Dataset entries:
---*---

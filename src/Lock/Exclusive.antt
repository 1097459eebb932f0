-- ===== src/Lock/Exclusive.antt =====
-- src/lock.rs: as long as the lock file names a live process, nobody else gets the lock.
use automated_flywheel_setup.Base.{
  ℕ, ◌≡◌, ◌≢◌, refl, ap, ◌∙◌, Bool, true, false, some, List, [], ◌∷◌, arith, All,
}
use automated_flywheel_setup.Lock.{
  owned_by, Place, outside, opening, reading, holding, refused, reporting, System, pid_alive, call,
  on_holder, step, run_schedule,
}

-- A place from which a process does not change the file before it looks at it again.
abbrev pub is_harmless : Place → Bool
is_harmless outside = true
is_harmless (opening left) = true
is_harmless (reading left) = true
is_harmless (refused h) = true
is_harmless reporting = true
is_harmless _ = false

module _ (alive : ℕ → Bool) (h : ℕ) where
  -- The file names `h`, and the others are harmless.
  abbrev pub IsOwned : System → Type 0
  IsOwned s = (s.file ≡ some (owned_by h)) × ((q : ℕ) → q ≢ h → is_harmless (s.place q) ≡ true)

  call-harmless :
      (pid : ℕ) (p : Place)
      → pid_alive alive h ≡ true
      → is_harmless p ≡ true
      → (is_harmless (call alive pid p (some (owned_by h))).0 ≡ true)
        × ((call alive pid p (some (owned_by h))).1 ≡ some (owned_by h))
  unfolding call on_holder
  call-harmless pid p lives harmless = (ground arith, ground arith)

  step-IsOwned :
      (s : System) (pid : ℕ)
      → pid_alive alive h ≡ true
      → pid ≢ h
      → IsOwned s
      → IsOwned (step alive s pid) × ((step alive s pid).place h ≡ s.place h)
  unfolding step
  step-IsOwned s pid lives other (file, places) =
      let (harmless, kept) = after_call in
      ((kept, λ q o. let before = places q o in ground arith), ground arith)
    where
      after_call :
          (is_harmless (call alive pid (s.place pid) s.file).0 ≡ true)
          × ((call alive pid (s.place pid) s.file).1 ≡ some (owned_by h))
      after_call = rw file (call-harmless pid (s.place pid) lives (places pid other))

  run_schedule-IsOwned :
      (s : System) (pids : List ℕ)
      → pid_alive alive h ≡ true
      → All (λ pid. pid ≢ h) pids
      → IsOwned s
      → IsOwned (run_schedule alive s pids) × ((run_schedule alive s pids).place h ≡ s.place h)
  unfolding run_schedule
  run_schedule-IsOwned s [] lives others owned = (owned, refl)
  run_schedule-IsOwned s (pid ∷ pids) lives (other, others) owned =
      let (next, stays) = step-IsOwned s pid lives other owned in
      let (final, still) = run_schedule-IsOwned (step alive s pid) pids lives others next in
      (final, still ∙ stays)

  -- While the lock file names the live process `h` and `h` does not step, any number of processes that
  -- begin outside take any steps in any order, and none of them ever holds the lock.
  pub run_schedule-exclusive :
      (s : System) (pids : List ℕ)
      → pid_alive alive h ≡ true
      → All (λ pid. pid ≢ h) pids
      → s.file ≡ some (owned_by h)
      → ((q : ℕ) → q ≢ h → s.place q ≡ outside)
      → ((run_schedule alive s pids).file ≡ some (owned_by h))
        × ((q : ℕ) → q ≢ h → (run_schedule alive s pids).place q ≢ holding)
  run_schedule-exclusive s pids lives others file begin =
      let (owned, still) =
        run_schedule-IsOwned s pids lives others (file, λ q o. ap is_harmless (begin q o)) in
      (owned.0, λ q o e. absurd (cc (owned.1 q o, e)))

---*---

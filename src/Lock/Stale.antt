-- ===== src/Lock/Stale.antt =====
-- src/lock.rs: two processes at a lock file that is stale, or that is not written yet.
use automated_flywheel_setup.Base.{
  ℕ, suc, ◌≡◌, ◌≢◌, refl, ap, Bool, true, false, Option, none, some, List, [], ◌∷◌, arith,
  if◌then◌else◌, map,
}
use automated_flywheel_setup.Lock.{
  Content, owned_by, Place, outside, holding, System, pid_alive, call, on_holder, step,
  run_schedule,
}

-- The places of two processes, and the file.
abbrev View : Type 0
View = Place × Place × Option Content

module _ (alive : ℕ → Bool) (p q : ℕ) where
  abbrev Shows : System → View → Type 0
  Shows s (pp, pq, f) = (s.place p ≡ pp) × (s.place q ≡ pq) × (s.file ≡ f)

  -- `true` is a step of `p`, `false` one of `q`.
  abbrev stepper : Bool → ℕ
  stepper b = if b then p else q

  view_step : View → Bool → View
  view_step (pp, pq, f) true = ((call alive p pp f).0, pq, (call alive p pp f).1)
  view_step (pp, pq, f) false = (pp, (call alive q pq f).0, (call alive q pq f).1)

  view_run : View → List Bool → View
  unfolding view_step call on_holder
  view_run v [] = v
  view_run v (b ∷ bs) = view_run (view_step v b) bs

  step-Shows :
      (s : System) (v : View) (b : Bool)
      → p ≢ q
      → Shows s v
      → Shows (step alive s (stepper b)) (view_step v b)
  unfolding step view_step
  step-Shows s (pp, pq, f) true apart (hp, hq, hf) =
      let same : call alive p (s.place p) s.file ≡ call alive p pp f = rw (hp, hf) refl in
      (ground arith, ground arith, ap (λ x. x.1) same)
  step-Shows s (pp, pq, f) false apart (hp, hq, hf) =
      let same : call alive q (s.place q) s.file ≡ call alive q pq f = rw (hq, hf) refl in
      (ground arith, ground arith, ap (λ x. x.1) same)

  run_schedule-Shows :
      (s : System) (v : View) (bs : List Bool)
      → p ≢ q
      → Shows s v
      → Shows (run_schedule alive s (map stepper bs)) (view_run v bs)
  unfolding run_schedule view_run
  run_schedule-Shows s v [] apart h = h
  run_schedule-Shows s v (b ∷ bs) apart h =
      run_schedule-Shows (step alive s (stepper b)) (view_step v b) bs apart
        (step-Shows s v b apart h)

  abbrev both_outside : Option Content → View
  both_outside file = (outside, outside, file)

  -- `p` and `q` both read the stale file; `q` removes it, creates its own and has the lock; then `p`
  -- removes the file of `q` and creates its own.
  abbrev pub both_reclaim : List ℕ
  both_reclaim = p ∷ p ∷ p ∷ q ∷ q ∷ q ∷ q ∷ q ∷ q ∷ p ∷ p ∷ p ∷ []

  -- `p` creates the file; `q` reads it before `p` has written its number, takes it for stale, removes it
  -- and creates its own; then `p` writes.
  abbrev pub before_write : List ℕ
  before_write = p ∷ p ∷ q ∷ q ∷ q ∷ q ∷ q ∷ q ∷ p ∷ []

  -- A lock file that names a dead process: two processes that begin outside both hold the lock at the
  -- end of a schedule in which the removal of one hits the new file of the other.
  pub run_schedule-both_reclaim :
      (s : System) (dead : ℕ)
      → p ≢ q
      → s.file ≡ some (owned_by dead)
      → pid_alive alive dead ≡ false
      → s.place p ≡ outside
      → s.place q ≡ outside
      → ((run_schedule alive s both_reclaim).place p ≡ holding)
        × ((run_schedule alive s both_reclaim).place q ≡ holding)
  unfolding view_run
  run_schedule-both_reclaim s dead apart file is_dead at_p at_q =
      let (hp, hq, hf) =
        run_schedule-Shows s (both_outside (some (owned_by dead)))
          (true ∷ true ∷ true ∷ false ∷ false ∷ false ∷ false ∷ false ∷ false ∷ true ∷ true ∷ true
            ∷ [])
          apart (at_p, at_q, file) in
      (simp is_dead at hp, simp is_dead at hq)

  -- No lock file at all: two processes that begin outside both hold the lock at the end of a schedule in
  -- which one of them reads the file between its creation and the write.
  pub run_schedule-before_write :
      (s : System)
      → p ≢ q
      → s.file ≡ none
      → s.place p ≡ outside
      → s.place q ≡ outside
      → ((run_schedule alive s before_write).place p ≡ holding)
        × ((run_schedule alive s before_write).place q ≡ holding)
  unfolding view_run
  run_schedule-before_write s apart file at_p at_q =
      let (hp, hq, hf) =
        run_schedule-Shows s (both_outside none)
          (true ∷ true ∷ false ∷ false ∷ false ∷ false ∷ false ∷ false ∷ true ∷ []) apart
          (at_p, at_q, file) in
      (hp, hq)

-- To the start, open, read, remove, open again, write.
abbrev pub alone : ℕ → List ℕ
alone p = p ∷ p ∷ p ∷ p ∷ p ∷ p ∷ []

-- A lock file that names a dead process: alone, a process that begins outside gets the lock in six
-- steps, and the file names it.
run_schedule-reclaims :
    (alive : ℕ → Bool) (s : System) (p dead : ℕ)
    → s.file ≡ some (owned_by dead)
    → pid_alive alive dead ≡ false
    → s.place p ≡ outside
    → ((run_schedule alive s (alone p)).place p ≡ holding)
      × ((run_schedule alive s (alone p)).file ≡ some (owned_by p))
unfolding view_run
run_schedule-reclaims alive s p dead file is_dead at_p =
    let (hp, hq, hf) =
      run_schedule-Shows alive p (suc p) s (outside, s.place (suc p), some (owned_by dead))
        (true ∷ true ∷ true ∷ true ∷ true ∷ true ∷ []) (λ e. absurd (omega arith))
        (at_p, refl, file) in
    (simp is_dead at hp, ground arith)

---*---

#### To do:
Return every line from the records above that holds the word "others".

#### Output of the task:
  -- The file names `h`, and the others are harmless.
  run_schedule-IsOwned s [] lives others owned = (owned, refl)
  run_schedule-IsOwned s (pid ∷ pids) lives (other, others) owned =
      let (final, still) = run_schedule-IsOwned (step alive s pid) pids lives others next in
  run_schedule-exclusive s pids lives others file begin =
        run_schedule-IsOwned s pids lives others (file, λ q o. ap is_harmless (begin q o)) in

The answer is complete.